The purpose of inferential statistics is to determine if the features of a sample (e.g., participants in a study) are representative of a population (i.e., all people belonging to a group). For example, the question “Do first-generation college students study more than other students?” must be answered with inferential statistics unless you can collect data from all college students. Thus, inferential statistics allow you to make some generalizations about your findings beyond your sample, and they are used to answer relational and causal research questions. The posts on inferential stats will cover many topics (at least two semesters of stats classes), so to break it up, this post will focus on only relational questions.
For relational questions, you are trying to determine the type of relationship between two variables. A positive relationship suggests that as the value of a variable increases or decreases, the value of the other variable also increases or decreases, respectively. For example, as attendance in class increases, scores on a test increase as well. A negative relationship is the opposite and suggests that as the value of a variable increases or decreases, the value of the other variable will do the opposite.
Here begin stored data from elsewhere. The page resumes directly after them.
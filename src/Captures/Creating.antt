-- ===== src/Captures/Creating.antt =====
-- `create_capture` from the routing to the reply.
use life_os_vnex.Prelude.{ℕ, String, true, false, none, some, List, [], ◌∷◌, ◌++◌}
use life_os_vnex.Prelude.Text.{◌⧺◌, take_text}
use life_os_vnex.Prelude.Json.{
  Json, Fields, null, bool, str, obj, end, object, fields_of, get_or, text_or_null,
}
use life_os_vnex.Prelude.Env.{Env, text_of}
use life_os_vnex.State.{
  CaptureInterpretation, Handoff, AuditEvent, Exception, Result, message_of, Action, pure, modify,
  ◌>>=◌, ◌>>◌, new_id, create_status_event, create_audit_event, update_row,
}
use life_os_vnex.Policy.{PolicyDecision, decide_capture_action, verdict_text, as_dict}
use life_os_vnex.Orchestrator.{Draft, draft_from_capture}
use life_os_vnex.Providers.{ProviderCompletion}
use life_os_vnex.Captures.Settings.{agent_autonomy, router_mode}
use life_os_vnex.Captures.Classifying.{caught, route_capture}
use life_os_vnex.Captures.Receiving.{CaptureCreate, Received, capture_event, receive_capture}
use life_os_vnex.Captures.Settling.{
  Settled, Routed, missing_of, policy_request, capture_key, run_key, settle_capture,
}

abbrev pub interpretation_of : Received → Draft → String → CaptureInterpretation
interpretation_of o d id = record {
  id = id;
  capture_id = o.capture_id;
  agent_id = d.agent_id;
  intent_labels = d.intent_labels;
  draft_json = fields_of (
      ("domain", str d.domain)
      ∷ ("title", str d.title)
      ∷ ("proposed_action", obj d.proposed_action)
      ∷ []);
  confidence = d.confidence;
  missing_context = missing_of d;
  risk_level = d.risk_level;
  status = "drafted";
  created_at = o.now;
}

abbrev pub capture_handoff : Received → Draft → String → Handoff
capture_handoff o d id = record {
  id = id;
  parent_run_id = some o.run_id;
  from_agent_id = "capture-router";
  to_agent_id = d.agent_id;
  reason = "Capture classified as " ⧺ d.domain;
  task_md = "Classify capture " ⧺ o.capture_id ⧺ " and apply policy.";
  known_context = [];
  context_refs =
      object (("kind", str "raw_capture") ∷ ("id", str o.capture_id) ∷ ("uri", str o.file.uri) ∷ [])
      ∷ [];
  constraints = [];
  expected_output_schema = some (fields_of (("type", str "review_item") ∷ []));
  result_json = end;
  summary_md = none;
  risk_level = "normal";
  status = "returned";
  visibility = "web";
  requires_user_visibility = true;
  discord_summary_posted = false;
  completed_at = some o.now;
  created_at = o.now;
  updated_at = o.now;
}

-- The reply of the endpoint.
pub record CaptureReply : Type 0 where
  pub capture_id : String
  pub run_id : String
  pub handoff_id : String
  pub route : Fields
  pub settled : Settled

abbrev routed_audit : Received → Draft → PolicyDecision → Fields → Settled → String → ℕ → AuditEvent
routed_audit o d policy meta settled id now = record {
  id = id;
  actor_type = "agent";
  actor_id = d.agent_id;
  event_type = "capture.policy_routed";
  entity_type = "raw_capture";
  entity_id = o.capture_id;
  summary = "Capture routed to " ⧺ d.agent_id ⧺ "; policy=" ⧺ verdict_text policy.decision ⧺ ".";
  before_json = none;
  after_json = some (
      object (
        ("review_item_id", text_or_null settled.review_item_id)
        ∷ ("run_id", str o.run_id)
        ∷ ("state_change_id", text_or_null settled.state_change_id)
        ∷ ("policy", as_dict policy)
        ∷ ("provider", obj meta)
        ∷ []));
  metadata_json = end;
  trace_id = some o.trace_id;
  created_at = now;
}

-- The keys of a dict that was written out.
abbrev fields_in : Json → Fields
fields_in (obj d) = d
fields_in other = end

module _ (env : Env) (timezone : String) where
  -- What the routing leaves on the capture and the run.
  abbrev record_route : Received → Draft → Fields → Action Unit
  record_route o d meta = modify (λ s. record s {
    captures =
        update_row capture_key o.capture_id (λ r. record r { sensitivity = d.sensitivity })
          s.captures;
    runs =
        update_row run_key o.run_id
          (λ r. record r {
            active_agent_id = some d.agent_id;
            provider_used = some (text_of env (get_or "provider" null meta));
            model_used = some (text_of env (get_or "model" null meta));
          })
          s.runs;
  })

  abbrev stamp : Received → Action Unit
  stamp o = modify (λ s. record s {
    captures =
        update_row capture_key o.capture_id (λ r. record r { updated_at = o.now }) s.captures;
    runs = update_row run_key o.run_id (λ r. record r { updated_at = o.now }) s.runs;
  })

  abbrev pub routed_of : Received → String → Routed
  routed_of o id = record {
    capture_id = o.capture_id;
    run_id = o.run_id;
    interpretation_id = id;
    raw_uri = o.file.uri;
    now = o.now;
  }

  -- The interpretation, the policy's event and the handoff of a draft; it returns their ids.
  unfoldable pub announce_route :
      Received → Draft → Fields → PolicyDecision → Action (String × String)
  announce_route o d meta policy = do
    record_route o d meta
    interpretation_id ← new_id env "interp"
    modify (λ s. record s {
      interpretations = s.interpretations ++ interpretation_of o d interpretation_id ∷ [];
    })
    create_status_event env (
        capture_event o.run_id "policy.decision" ("Policy: " ⧺ verdict_text policy.decision)
          (fields_in (as_dict policy)))
    handoff_id ← new_id env "hnd"
    modify (λ s. record s { handoffs = s.handoffs ++ capture_handoff o d handoff_id ∷ [] })
    create_status_event env (
        capture_event o.run_id "agent.handoff_created" ("Capture Router -> " ⧺ d.agent_id)
          (fields_of (("handoff_id", str handoff_id) ∷ [])))
    pure (interpretation_id, handoff_id)

  -- The branch of the policy, the audit and the reply.
  unfoldable pub conclude_capture :
      Received → Draft → Fields → PolicyDecision → String → String → Action CaptureReply
  conclude_capture o d meta policy interpretation_id handoff_id = do
    settled ← settle_capture env timezone (routed_of o interpretation_id) d policy
    stamp o
    create_audit_event env (routed_audit o d policy meta settled)
    pure (record {
      capture_id = o.capture_id;
      run_id = o.run_id;
      handoff_id = handoff_id;
      route = fields_of (
          ("agent_id", str d.agent_id)
          ∷ ("domain", str d.domain)
          ∷ ("decision", str (verdict_text policy.decision))
          ∷ ("reason", str policy.reason)
          ∷ ("confidence", Json.float d.confidence)
          ∷ ("provider", get_or "provider" null meta)
          ∷ ("model", get_or "model" null meta)
          ∷ ("fallback_used", get_or "fallback_used" (bool false) meta)
          ∷ []);
      settled = settled;
    })

  -- What follows the routing.
  unfoldable pub finish_capture : CaptureCreate → Received → Draft → Fields → Action CaptureReply
  finish_capture q o d meta = do
    mode ← agent_autonomy d.agent_id
    let policy = decide_capture_action env (policy_request q d mode)
    ids ← announce_route o d meta policy
    conclude_capture o d meta policy ids.0 ids.1

  module _ (order : List String) (complete : Result ProviderCompletion) where
    -- The deterministic draft that takes the place of a routing that raised.
    abbrev pub last_resort : CaptureCreate → Received → Exception → Draft × Fields
    last_resort q o e = (
      draft_from_capture env order o.capture_id q.raw_text q.source_platform,
      fields_of (
          ("provider", str "deterministic")
          ∷ ("model", str "capture-router-v1")
          ∷ ("fallback_used", bool true)
          ∷ ("fallback_reason", str (take_text 500 (message_of e)))
          ∷ []),
    )

    -- The routing, which a raise does not get out of.
    unfoldable pub route_or_default : String → CaptureCreate → Received → Action (Draft × Fields)
    route_or_default mode q o =
        caught
          (route_capture env order complete o.capture_id q.raw_text q.source_platform o.run_id mode)
          (λ e. pure (last_resort q o e))

    -- `create_capture`; `default_mode` is the setting `router_mode`.
    unfoldable pub create_capture : String → CaptureCreate → Action CaptureReply
    create_capture default_mode q = do
      o ← receive_capture env timezone q
      mode ← router_mode env default_mode
      routed ← route_or_default mode q o
      finish_capture q o routed.0 routed.1
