-- ===== src/Captures.antt =====
-- apps/api/lifeos_api/routers/captures.py: a capture from its raw text to a review or a command,
-- apps/api/lifeos_api/services/agentic_router.py, which classifies it, and what they read of
-- apps/api/lifeos_api/services/runtime_config.py.
mod Settings
mod Answers
mod Classifying
mod Receiving
mod Settling
mod Creating
pub mod Outcomes
pub mod Evidence
pub mod Granting
pub mod Clearance
unfoldable pub use Settings.*
unfoldable pub use Answers.*
unfoldable pub use Classifying.*
unfoldable pub use Receiving.*
unfoldable pub use Settling.*
unfoldable pub use Creating.*
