-- ===== src/Policy/Gates.antt =====
-- What an automatic application needs: the gates of `decide_capture_action`, on every branch.
use life_os_vnex.Prelude.{
  String, Bool, true, false, not, ◌≡◌, ◌≢◌, ◌↔◌, ◌⊎◌, inl, inr, refl, List, [], ◌∷◌, arith, ◌==◌,
  eq_iff, Bool-cases, all,
}
use life_os_vnex.Prelude.Text.{member, member-all}
use life_os_vnex.Prelude.Json.{Json, Float, hundredths, lt_float, ge_float}
use life_os_vnex.Prelude.Env.{Env}
use life_os_vnex.Policy.{
  Verdict, raw_only, ask_clarification, auto_apply, Request, always_review_risks, sensitive_domains,
  auto_risks, auto_allow, effective_mode, action_risk, action_command, decide_capture_action,
  is_empty,
}

-- The conditions that an automatic application meets, as the approval policy lists them.
pub record IsCleared (env : Env) (q : Request) : Type 0 where
  pub labelled : member "raw_note" q.intent_labels ≡ false
  pub owned : q.owner_authenticated ≡ true
  pub complete : q.missing_context ≡ []
  pub confident : ge_float q.confidence (hundredths 78) ≡ true
  pub low_risk : member (action_risk env q.action) auto_risks ≡ true
  pub harmless : member q.sensitivity sensitive_domains ≡ false
  pub allowed :
      member (action_command env q.action) (auto_allow (effective_mode q.autonomy_mode)) ≡ true

pub not-eq-true : (b : Bool) → not b ≡ true → b ≡ false
not-eq-true true h = cc
not-eq-true false h = refl

-- No allowlist holds the command "none".
allowed-ne-none :
    (mode command : String) → member command (auto_allow mode) ≡ true → (command == "none") ≡ false
allowed-ne-none mode command h =
    not-eq-true _ (member-all (λ c. not (c == "none")) command (auto_allow mode) listed h)
  where
    listed : all (λ c. not (c == "none")) (auto_allow mode) ≡ true
    listed = unfold auto_allow in ground arith

low_risk-not_always :
    (risk : String) → member risk auto_risks ≡ true → member risk always_review_risks ≡ false
low_risk-not_always risk h =
    not-eq-true _ (member-all (λ r. not (member r always_review_risks)) risk auto_risks listed h)
  where
    listed : all (λ r. not (member r always_review_risks)) auto_risks ≡ true
    listed = unfold member in refl

manual-allows_nothing : (command : String) → member command (auto_allow "manual") ≡ false
unfolding auto_allow member
manual-allows_nothing command = refl

confident-not_low :
    (c : Float) → ge_float c (hundredths 78) ≡ true → lt_float c (hundredths 70) ≡ false
confident-not_low Float.nan h = refl
confident-not_low Float.inf h = refl
confident-not_low Float.neg_inf h = ground arith
confident-not_low (Float.neg n) h = ground arith
confident-not_low (Float.num n) h = ground arith

empty-nil : (xs : List Json) → is_empty xs ≡ true → xs ≡ []
empty-nil [] h = refl
empty-nil (x ∷ xs) h = cc

module _ (env : Env) (q : Request) where
  abbrev verdict_of : Verdict
  verdict_of = (decide_capture_action env q).decision

  abbrev mode_of : String
  mode_of = effective_mode q.autonomy_mode

  pub manual-not_cleared : IsCleared env q → (mode_of == "manual") ≡ false
  manual-not_cleared c = elim (Bool-cases (mode_of == "manual")) [
    | inl e ↦
        cc ((eq_iff mode_of "manual").0 e, manual-allows_nothing (action_command env q.action))
    | inr n ↦ n
  ]

  -- An action is applied without a review exactly when its draft is not labelled a raw note, its
  -- source is the owner, no context is missing, the confidence is at least 0.78, its risk is one of
  -- the three that may be applied, its domain is not sensitive, and the mode lists its command.
  pub auto_apply_iff : (verdict_of ≡ auto_apply) ↔ IsCleared env q
  unfolding decide_capture_action
  auto_apply_iff = (
    λ h. ground (arith, empty-nil q.missing_context),
    λ c. ground (
      arith,
      manual-not_cleared c,
      confident-not_low q.confidence c.confident,
      low_risk-not_always _ c.low_risk,
      allowed-ne-none _ _ c.allowed,
    ),
  )

  -- A draft is kept raw exactly when it names no command or is labelled a raw note.
  pub raw_only_iff :
      (verdict_of ≡ raw_only)
      ↔ ((action_command env q.action ≡ "none") ⊎ (member "raw_note" q.intent_labels ≡ true))
  unfolding decide_capture_action
  raw_only_iff = (
    λ h. ground (arith, eq_iff (action_command env q.action) "none"),
    λ h. ground (arith, eq_iff (action_command env q.action) "none"),
  )

  -- The owner is asked for the missing context exactly when an authenticated source drafts an action
  -- with some context missing, however confident the draft is.
  pub ask_clarification_iff : (verdict_of ≡ ask_clarification) ↔ (
      (action_command env q.action ≢ "none")
      × (member "raw_note" q.intent_labels ≡ false)
      × (q.owner_authenticated ≡ true)
      × (q.missing_context ≢ []))
  unfolding decide_capture_action
  ask_clarification_iff = (
    λ h. ground (arith, eq_iff (action_command env q.action) "none", empty-nil q.missing_context),
    λ h. ground (arith, eq_iff (action_command env q.action) "none", empty-nil q.missing_context),
  )

  -- Only a draft that is kept raw leaves the owner without a visible status.
  silent_iff_raw :
      ((decide_capture_action env q).requires_user_visible_status ≡ false) ↔ (verdict_of ≡ raw_only)
  unfolding decide_capture_action
  silent_iff_raw = (λ h. ground arith, λ h. ground arith)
For example, as absences from class increase, scores on a test decrease.
These are both types of linear relationships; the relationship is constant across different levels of the variables. There are also curvilinear relationships in which the relationship changes across different levels of the variables, often called a U-shaped curve. For example, as students’ level of stress about an exam increases, their scores might increase up to a point, but at that point, excess stress might negatively relate to test scores. These types of curvilinear relationships cannot be analyzed with correlations. A scatterplot of the variables will show you the type of relationship that you have. The images below provide examples of what each type of relationship looks like in a scatterplot. Your data likely won’t be as neat, so you’ll need to ignore the random points that don’t follow the general relationship.
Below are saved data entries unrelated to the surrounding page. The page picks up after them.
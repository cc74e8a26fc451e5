-- ===== src/Captures/Granting.antt =====
-- The levels of autonomy that list a command, and the mode that `_normalize_autonomy` makes of them.
use life_os_vnex.Prelude.{
  String, true, false, ◌≡◌, ◌≢◌, refl, sym, inl, inr, Option, none, some, [], ◌∷◌, ◌==◌, Bool-cases,
  eq_iff,
}
use mathlib.Core.Path.{subst}
use life_os_vnex.Prelude.Text.{member}
use life_os_vnex.State.{AgentRow}
use life_os_vnex.Policy.{auto_allow, effective_mode}
use life_os_vnex.Captures.{normalize_autonomy, autonomy_of}

-- A level of autonomy that lists a command.
pub data Grants (command : String) : Option String → Type 0 where
  safe :
      member command (
          "review.done" ∷ "raw_capture.archive" ∷ "life_item.create" ∷ "prayer_log.create"
          ∷ "daily_log.create" ∷ "life_item.low_risk_log" ∷ "memory_candidate.create" ∷ [])
        ≡ true
      → Grants command (some "safe")
  balanced :
      member command (
          "review.done" ∷ "raw_capture.archive" ∷ "life_item.create" ∷ "prayer_log.create"
          ∷ "daily_log.create" ∷ "memory_candidate.create" ∷ [])
        ≡ true
      → Grants command (some "balanced")
  gated :
      (level : Option String)
      → (level ≢ some "manual")
      → (level ≢ some "owner_gated")
      → (level ≢ some "explicit_owner_approval")
      → member command ("review.done" ∷ "raw_capture.archive" ∷ []) ≡ true
      → Grants command level

-- The mode that a stored level stands for lists a command.
abbrev Allows : String → Option String → Type 0
Allows command level =
    member command (auto_allow (effective_mode (normalize_autonomy level))) ≡ true

module _ (command : String) where
  none-Grants : Allows command (some "review_gated") → Grants command none
  unfolding auto_allow effective_mode normalize_autonomy member
  none-Grants h = Grants.gated none (λ e. cc) (λ e. cc) (λ e. cc) h

  unset-Grants : Allows command none → Grants command none
  unfolding auto_allow effective_mode normalize_autonomy member
  unset-Grants h = Grants.gated none (λ e. cc) (λ e. cc) (λ e. cc) h

  safe-Grants : Allows command (some "safe") → Grants command (some "safe")
  unfolding auto_allow effective_mode normalize_autonomy member
  safe-Grants h = Grants.safe h

  balanced-Grants : Allows command (some "balanced") → Grants command (some "balanced")
  unfolding auto_allow effective_mode normalize_autonomy member
  balanced-Grants h = Grants.balanced h

  manual-denies :
      (¬ (Allows command (some "manual")))
      × (¬ (Allows command (some "owner_gated")))
      × (¬ (Allows command (some "explicit_owner_approval")))
  unfolding auto_allow effective_mode normalize_autonomy member
  manual-denies = (λ h. cc, λ h. cc, λ h. cc)

  -- A level that is neither trusted nor manual counts as review_gated.
  other_lists :
      (s : String)
      → (s == "safe") ≡ false
      → (s == "balanced") ≡ false
      → (s == "manual") ≡ false
      → (s == "owner_gated") ≡ false
      → (s == "explicit_owner_approval") ≡ false
      → normalize_autonomy (some s) ≡ "review_gated"
  unfolding normalize_autonomy member
  other_lists s f b m o x = elim (Bool-cases (s == "")) [
    | inl e ↦ rw ((eq_iff s "").0 e) refl
    | inr e ↦ elim (Bool-cases (s == "review_gated")) [
      | inl g ↦ rw ((eq_iff s "review_gated").0 g) refl
      | inr g ↦ rw (e, o, x, m, g, b, f) refl
    ]
  ]

  at_gated :
      member command (auto_allow (effective_mode "review_gated")) ≡ true
      → member command ("review.done" ∷ "raw_capture.archive" ∷ []) ≡ true
  unfolding auto_allow effective_mode member
  at_gated h = h

  gated_lists :
      (level : Option String)
      → normalize_autonomy level ≡ "review_gated"
      → Allows command level
      → member command ("review.done" ∷ "raw_capture.archive" ∷ []) ≡ true
  gated_lists level e h =
      at_gated (subst (λ m. member command (auto_allow (effective_mode m)) ≡ true) e h)

  -- A level that lists the command is none that lists nothing.
  level_differs :
      (s t : String)
      → (¬ (Allows command (some t)))
      → Allows command (some s)
      → ((s == t) ≡ false) × (some s ≢ some t)
  level_differs s t n h = (
    elim (Bool-cases (s == t)) [
      | inl e ↦ absurd (n (subst (λ u. Allows command (some u)) ((eq_iff s t).0 e) h))
      | inr e ↦ e
    ],
    λ e. n (subst (Allows command) e h),
  )

  some-Grants : (s : String) → Allows command (some s) → Grants command (some s)
  some-Grants s h = elim (Bool-cases (s == "safe")) [
    | inl e ↦
        let k : s ≡ "safe" = (eq_iff s "safe").0 e in
        subst (λ t. Grants command (some t)) (sym k)
          (safe-Grants (subst (λ t. Allows command (some t)) k h))
    | inr f ↦ elim (Bool-cases (s == "balanced")) [
      | inl e ↦
          let k : s ≡ "balanced" = (eq_iff s "balanced").0 e in
          subst (λ t. Grants command (some t)) (sym k)
            (balanced-Grants (subst (λ t. Allows command (some t)) k h))
      | inr b ↦
          let (manual, owner, explicit) = manual-denies in
          let (m, is_manual) = level_differs s "manual" manual h in
          let (o, is_owner) = level_differs s "owner_gated" owner h in
          let (x, is_explicit) = level_differs s "explicit_owner_approval" explicit h in
          Grants.gated (some s) is_manual is_owner is_explicit
            (gated_lists (some s) (other_lists s f b m o x) h)
    ]
  ]

  -- The level of the row that is found.
  pub row-Grants :
      (r : Option AgentRow)
      → member command (auto_allow (effective_mode (autonomy_of r))) ≡ true
      → Grants command (elim r [ none ↦ none | some a ↦ a.autonomy_level ])
  row-Grants none h = none-Grants h
  row-Grants (some a) h = level_Grants a.autonomy_level h
    where
      level_Grants : (l : Option String) → Allows command l → Grants command l
      level_Grants none k = unset-Grants k
      level_Grants (some t) k = some-Grants t k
You should choose your correlational analysis based on features of your data, specifically whether your variables are continuous (i.e., interval or ratio) or discrete (i.e., nominal or ordinal). Discrete variables that are dichotomous, a variable that has two values (e.g., yes or no, introvert or extravert), can be either truly dichotomous or artificially dichotomous. Truly dichotomous variables have discrete values (e.g., a participant either has or has not taken Calculus before). Artificially dichotomous variables are continuous variables that the experimenter has split into discrete groups. For example, participants can take a personality test that will rank their personality on a spectrum from introverted to extroverted, and the experimenter could pick a score and classify all participants below that score as introverted and those above the score as extroverted. Artificially dichotomizing variables this way is generally not recommended, but there are rare cases when it’s appropriate.
- If both variables are continuous, use Pearson’s r correlation (this is most common and is typically the default option for analysis software).
- If one variable is truly dichotomous and the other is continuous, use point biserial correlation.
- If one variable is artificially dichotomous and the other is continuous, use biserial correlation.
- If you have discrete data with more than two values (polytomized instead of dichotomized), then you’ll have to use some of the more obscure tests, such as tetrachoric, polychoric, polyserial, Spearman’s rho, or Kendall’s Tau-B.
- If both variables are dichotomous (true or not), you cannot use correlation. Consider descriptive statistics or perhaps Chi-square.
The results of a correlational analysis, or correlation coefficient, will be an r (if Pearson’s) value between -1 and 1. Negative numbers indicate a negative relationship, and positive numbers indicate a positive relationship. The closer the number is to 1, the stronger the relationship between variables. The closer the number is to 0, the weaker the relationship between variables. The strength of the relationship indicates how accurately you can predict one variable if you have a value for the other variable. In strong relationships, having values for both variables is somewhat redundant. In weak relationships, the value of one variable provides little information about the other.
**Note** Many people misinterpret the strength of the relationship as the slope of the relationship, but a correlation coefficient of 1 does not mean that the variables have a 1-to-1 relationship.
Below is a table for the heuristic cut-offs (Cohen, 1988) to describe strengths of relationships, but the meaningfulness of the strength of a relationship depends largely on the variables that you are correlating. In educational research especially, correlation coefficients tend to be low because of the large variability in learners’ prior knowledge, level of motivation, etc.
|Value of correlation coefficient||Strength of relationship|
|r >0.5 or <-0.5||Strong|
|r = |0.5| to |0.3|||Moderate|
|r = |0.3| to |0.1|||Weak|
|r = -0.1 to 0.1||No relationship|
Correlation vs. Causation
For correlational analyses, a relationship should not be misinterpreted as causal for two reasons: the third variable problem and the directionality problem. The third variable problem states that a third variable, separate from those in the correlation, might be mediating the relationship. In the stress and test score example from earlier, it is unlikely that stress primarily causes better test scores. More likely, stress causes more or better studying, which causes better test scores. The directionality problem states that it is unclear from a correlational analysis which variable is causing which. In the stress and test score example, it is unclear whether high stress hurts test scores or poor test scores cause high stress.